Saved data entries

····················

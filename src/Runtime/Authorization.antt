-- ===== src/Runtime/Authorization.antt =====
-- Nothing is handed to an adapter without credentials that are trusted and allowed.
use faar_runtime.Common.{
  ℕ, ◌≡◌, refl, ◌∙◌, Bool, false, not, ◌&&◌, Option, none, some, arith, if◌then◌else◌,
}
use faar_runtime.Models.Grant.{CapabilityGrant, Intent, is_empty}
use faar_runtime.Worker.Defs.{exhaust, Env, World, M}
use faar_runtime.Worker.Judgement.{Credentials, is_allow, dominant, evaluate_fresh}
use faar_runtime.Worker.Effects.{
  IsEffect, Does, Does-if, Does-test, Does-bind, Does-observe, effect_rules,
}
use faar_runtime.Runtime.Calls.{RuntimeResult}
use faar_runtime.Runtime.Submission
use faar_runtime.Runtime.Submission.{Retry}
use faar_runtime.Runtime.Absence
use faar_runtime.Runtime.Absence.{with_credentials}
use faar_runtime.Runtime.Reconciliation.{reconcile}
use faar_runtime.Runtime.Processing.{process}
use faar_runtime.Runtime.Effects.Calls.{status-Does, count-Does, void_permits-Does, stop-Does}
use faar_runtime.Runtime.Effects.Absence.{wait-Does, terminalize-Does}
use faar_runtime.Runtime.Effects.Reconciliation.{
  ActsOnAbsence, reconcile-Does, reconcile_again-Does,
}
use faar_runtime.Runtime.Effects.Processing.{process-Does}

-- No permit was handed over.
abbrev Hands : World → World → Type 0
Hands w u = u.sent ≡ w.sent

Hands-IsEffect : (e : Env) → IsEffect e Hands
Hands-IsEffect e = record {
  stays = λ w. refl;
  joins = λ u v w p q. q ∙ p;
  observes = λ w. refl;
  commits = λ w t r. refl;
}

module _ (e : Env) {R : World → World → Type 0} (eff : IsEffect e R) (retry : Retry) (i : Intent)
    (g : CapabilityGrant) where
  -- Without credentials the absence ends the intent.
  without-Does : ActsOnAbsence e R retry i g none
  unfolding Absence.absent Absence.act_on_absence Absence.resubmit
  without-Does row allow block now absence =
      search
        (
          effect_rules,
          status-Does e eff,
          count-Does e eff,
          void_permits-Does e eff,
          stop-Does e eff,
          wait-Does e eff retry,
          terminalize-Does e eff retry,
        )
        depth 14

-- At no time are both attestations trusted and do all gates allow.
abbrev pub IsRefused : Env → Intent → CapabilityGrant → Credentials → Type 0
IsRefused e i g x =
    (t : ℕ)
    → (is_empty (evaluate_fresh e i g x t).trust_reasons
        && is_allow (dominant (evaluate_fresh e i g x t)))
      ≡ false

module _ (e : Env) {R : World → World → Type 0} (eff : IsEffect e R) (i : Intent)
    (g : CapabilityGrant) (x : Credentials) (refused : IsRefused e i g x) where
  -- What would follow an authorization is not reached.
  refused-Does :
      (now : ℕ) (m n : M RuntimeResult)
      → Does R m
      → Does R (
          if not (
            is_empty (evaluate_fresh e i g x now).trust_reasons
            && is_allow (dominant (evaluate_fresh e i g x now)))
          then m
          else n)
  refused-Does now m n h =
      Does-test e eff _ m n (λ _. h) (λ allowed. absurd (clash _ (refused now) allowed))
    where
      clash : (b : Bool) → b ≡ false → not b ≡ false → ⊥
      clash b p q = ground arith

  submit-Does : (retry : Retry) → Does R (Submission.submit e retry i g x)
  unfolding Submission.submit
  submit-Does retry = Does-bind e eff _ _ (Does-observe e eff _) λ orphans.
      Does-bind e eff _ _ (Does-observe e eff _)
        λ now. search (effect_rules, stop-Does e eff, refused-Does now) depth 14

  module _ (retry : Retry) where
    reauthorize-Does : (now : ℕ) → Does R (Absence.reauthorize e retry i g x now)
    unfolding Absence.reauthorize
    reauthorize-Does now =
        Does-if e eff _ _ _ (terminalize-Does e eff retry _ _ _ _) (submit-Does retry)

    resubmit-Does : (now : ℕ) → Does R (Absence.resubmit e retry i g (some x) now)
    unfolding Absence.resubmit
    resubmit-Does now =
        search (effect_rules, status-Does e eff, terminalize-Does e eff retry, reauthorize-Does)
          depth 14

    acts-Does : ActsOnAbsence e R retry i g (some x)
    unfolding Absence.absent Absence.act_on_absence
    acts-Does row allow block now absence =
        search
          (
            effect_rules,
            count-Does e eff,
            void_permits-Does e eff,
            stop-Does e eff,
            wait-Does e eff retry,
            terminalize-Does e eff retry,
            resubmit-Does,
          )
          depth 14

-- A reconciliation without credentials hands no permit to an adapter, whatever the verifier answers.
pub reconcile_without_credentials :
    (e : Env) (fuel : ℕ) (i : Intent) (g : CapabilityGrant) (allow : Bool) (block : Option ℕ)
    (w : World)
    → (reconcile e fuel i g none allow block w).1.sent ≡ w.sent
unfolding exhaust
reconcile_without_credentials e fuel i g allow block w =
    (reconcile-Does e (Hands-IsEffect e) i g none
        (λ retry again. without-Does e (Hands-IsEffect e) retry i g) (record { at = λ w. refl })
        fuel allow block).at
      w

-- If at no time both attestations are trusted and all gates allow, a call of `process` hands no
-- permit to an adapter: neither when it submits nor when it reconciles.
pub refused_never_submitted :
    (e : Env) (fuel : ℕ) (i : Intent) (g : CapabilityGrant) (x : Credentials) (w : World)
    → IsRefused e i g x
    → (process e fuel i g x w).1.sent ≡ w.sent
unfolding exhaust
refused_never_submitted e fuel i g x w refused =
    (process-Does e eff fuel i g x
        (reconcile_again-Does e eff i g (some x)
          (λ retry again. acts-Does e eff i g x refused retry) (record { at = λ w. refl }) fuel)
        (submit-Does e eff i g x refused _)).at
      w
  where
    eff : IsEffect e Hands
    eff = Hands-IsEffect e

····················

Each line holding the word "search" must be copied from the data.

      search
        λ now. search (effect_rules, stop-Does e eff, refused-Does now) depth 14
        search (effect_rules, status-Does e eff, terminalize-Does e eff retry, reauthorize-Does)
        search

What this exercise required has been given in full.